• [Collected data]
= = = = = = =

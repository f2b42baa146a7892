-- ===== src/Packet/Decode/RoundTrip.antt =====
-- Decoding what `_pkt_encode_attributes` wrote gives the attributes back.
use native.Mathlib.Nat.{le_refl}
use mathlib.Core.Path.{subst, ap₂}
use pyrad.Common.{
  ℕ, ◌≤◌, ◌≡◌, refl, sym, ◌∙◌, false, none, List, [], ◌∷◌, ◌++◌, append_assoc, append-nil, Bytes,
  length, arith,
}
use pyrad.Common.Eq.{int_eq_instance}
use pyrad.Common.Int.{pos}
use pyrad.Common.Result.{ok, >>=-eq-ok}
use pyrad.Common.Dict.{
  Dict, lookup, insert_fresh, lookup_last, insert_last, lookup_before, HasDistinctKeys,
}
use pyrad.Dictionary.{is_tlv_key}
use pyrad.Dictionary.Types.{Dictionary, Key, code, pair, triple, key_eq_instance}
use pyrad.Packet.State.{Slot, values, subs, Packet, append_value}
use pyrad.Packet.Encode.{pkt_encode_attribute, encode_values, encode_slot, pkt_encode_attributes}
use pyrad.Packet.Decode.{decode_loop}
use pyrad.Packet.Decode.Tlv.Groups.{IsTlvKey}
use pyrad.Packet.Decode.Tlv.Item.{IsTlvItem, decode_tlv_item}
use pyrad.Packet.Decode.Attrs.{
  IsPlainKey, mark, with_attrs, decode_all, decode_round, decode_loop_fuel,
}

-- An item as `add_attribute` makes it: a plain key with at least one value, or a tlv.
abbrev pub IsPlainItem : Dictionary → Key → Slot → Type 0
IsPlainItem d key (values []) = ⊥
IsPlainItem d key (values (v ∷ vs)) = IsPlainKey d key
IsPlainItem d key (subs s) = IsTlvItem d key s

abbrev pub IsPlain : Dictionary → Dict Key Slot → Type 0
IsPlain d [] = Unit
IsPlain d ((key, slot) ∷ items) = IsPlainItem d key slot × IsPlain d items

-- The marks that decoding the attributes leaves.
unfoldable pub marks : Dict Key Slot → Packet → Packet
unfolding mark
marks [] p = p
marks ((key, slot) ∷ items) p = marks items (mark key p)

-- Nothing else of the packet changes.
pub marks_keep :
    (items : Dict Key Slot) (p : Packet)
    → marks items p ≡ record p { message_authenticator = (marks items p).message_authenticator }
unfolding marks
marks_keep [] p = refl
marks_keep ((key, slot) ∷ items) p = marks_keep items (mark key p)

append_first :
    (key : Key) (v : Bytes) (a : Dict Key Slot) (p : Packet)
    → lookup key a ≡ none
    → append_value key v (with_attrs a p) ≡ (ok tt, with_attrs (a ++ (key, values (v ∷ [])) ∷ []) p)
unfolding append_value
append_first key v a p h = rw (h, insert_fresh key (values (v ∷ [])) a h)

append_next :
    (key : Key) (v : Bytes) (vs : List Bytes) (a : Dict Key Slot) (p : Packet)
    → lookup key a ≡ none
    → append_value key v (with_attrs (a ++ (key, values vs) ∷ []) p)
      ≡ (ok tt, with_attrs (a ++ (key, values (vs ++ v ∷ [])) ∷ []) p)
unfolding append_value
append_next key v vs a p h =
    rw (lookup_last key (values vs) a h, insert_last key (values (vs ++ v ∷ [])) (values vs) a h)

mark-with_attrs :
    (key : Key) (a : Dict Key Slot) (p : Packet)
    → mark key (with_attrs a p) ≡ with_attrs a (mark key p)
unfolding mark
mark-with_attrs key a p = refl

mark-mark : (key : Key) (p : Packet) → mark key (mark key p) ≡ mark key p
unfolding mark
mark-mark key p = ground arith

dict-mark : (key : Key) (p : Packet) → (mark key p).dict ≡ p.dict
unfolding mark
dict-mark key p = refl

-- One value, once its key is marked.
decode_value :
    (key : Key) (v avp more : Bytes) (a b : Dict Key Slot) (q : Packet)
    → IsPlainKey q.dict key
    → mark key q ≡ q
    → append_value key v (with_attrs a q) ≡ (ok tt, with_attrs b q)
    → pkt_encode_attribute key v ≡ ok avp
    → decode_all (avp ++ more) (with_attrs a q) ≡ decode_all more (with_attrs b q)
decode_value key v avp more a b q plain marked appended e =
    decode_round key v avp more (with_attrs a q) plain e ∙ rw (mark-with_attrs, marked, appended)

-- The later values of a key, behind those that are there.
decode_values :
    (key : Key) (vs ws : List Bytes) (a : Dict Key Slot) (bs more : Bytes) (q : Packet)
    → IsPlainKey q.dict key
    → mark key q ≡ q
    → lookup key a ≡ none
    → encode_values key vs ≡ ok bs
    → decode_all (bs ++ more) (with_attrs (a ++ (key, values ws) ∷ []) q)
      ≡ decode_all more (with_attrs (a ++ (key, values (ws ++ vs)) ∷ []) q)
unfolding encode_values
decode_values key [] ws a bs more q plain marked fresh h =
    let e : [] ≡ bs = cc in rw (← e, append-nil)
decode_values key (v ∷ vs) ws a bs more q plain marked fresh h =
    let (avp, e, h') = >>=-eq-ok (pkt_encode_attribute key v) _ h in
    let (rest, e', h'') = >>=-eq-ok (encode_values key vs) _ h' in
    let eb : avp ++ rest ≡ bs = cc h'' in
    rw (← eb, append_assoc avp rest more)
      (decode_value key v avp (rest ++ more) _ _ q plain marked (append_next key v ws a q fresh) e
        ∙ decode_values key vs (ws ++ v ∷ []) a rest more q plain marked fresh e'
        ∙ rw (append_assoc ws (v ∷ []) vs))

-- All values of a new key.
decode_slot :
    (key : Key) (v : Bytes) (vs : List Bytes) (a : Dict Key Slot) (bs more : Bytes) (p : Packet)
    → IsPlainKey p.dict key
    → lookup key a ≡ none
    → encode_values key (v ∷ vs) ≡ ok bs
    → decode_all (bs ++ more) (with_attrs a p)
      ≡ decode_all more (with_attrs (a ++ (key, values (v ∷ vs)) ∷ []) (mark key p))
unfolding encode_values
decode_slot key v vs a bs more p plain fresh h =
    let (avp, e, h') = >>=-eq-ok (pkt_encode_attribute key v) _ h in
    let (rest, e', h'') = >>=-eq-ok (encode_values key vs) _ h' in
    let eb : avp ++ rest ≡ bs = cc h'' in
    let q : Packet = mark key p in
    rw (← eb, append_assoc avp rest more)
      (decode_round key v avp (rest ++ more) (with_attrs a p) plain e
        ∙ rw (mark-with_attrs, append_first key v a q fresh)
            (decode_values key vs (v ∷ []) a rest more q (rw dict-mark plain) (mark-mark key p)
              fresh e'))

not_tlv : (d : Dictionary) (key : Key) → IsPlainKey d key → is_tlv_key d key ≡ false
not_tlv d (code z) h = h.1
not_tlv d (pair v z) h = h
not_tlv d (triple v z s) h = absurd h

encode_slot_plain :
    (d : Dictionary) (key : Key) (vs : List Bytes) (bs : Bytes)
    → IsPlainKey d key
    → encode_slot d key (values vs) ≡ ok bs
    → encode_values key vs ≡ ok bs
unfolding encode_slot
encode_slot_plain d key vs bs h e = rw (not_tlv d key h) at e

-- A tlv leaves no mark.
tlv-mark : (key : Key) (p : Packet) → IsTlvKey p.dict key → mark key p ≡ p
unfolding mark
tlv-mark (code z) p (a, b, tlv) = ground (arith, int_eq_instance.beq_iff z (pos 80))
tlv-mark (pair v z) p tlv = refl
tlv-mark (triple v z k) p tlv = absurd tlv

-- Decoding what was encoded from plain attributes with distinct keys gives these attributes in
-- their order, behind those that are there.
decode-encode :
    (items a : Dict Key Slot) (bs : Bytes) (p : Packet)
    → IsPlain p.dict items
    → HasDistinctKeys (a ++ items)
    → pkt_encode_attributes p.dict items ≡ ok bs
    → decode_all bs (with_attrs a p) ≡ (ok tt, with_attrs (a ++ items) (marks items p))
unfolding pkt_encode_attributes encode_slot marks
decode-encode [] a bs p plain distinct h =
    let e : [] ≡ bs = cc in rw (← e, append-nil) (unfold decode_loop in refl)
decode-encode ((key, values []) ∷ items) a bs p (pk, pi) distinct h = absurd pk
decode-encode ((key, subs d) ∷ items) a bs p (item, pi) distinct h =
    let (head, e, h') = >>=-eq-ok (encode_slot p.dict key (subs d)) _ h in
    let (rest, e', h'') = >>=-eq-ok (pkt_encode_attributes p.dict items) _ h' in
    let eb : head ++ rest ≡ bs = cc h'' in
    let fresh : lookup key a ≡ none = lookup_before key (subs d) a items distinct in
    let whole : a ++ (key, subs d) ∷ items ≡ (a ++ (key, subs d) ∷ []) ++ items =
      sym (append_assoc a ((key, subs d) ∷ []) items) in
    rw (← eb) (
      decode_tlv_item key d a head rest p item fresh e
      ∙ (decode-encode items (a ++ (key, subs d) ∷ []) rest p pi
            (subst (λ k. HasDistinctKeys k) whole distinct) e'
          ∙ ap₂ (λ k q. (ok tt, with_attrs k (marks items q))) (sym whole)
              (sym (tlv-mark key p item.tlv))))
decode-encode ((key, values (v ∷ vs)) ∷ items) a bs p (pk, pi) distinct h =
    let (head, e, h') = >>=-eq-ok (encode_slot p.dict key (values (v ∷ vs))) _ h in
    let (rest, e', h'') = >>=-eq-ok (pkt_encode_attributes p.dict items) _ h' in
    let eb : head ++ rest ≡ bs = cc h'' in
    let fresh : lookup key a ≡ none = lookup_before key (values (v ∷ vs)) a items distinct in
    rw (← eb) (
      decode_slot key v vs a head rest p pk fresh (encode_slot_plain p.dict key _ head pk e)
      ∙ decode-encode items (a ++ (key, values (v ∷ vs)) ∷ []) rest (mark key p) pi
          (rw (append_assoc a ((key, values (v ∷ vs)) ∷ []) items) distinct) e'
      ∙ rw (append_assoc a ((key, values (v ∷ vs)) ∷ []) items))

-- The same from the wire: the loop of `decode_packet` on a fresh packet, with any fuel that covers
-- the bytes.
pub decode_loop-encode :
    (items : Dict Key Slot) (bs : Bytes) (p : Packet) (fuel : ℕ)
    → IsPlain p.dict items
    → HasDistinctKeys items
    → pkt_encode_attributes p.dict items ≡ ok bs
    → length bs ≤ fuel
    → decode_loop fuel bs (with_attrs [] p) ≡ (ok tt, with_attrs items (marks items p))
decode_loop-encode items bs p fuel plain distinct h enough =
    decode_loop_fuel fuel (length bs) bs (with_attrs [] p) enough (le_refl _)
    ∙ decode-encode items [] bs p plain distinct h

= = = = = = =

• [PROBLEM TO WORK ON]
Among the lines above, return each one holding the string "absurd".

• [RESULT BELOW]
not_tlv d (triple v z s) h = absurd h
tlv-mark (triple v z k) p tlv = absurd tlv
decode-encode ((key, values []) ∷ items) a bs p (pk, pi) distinct h = absurd pk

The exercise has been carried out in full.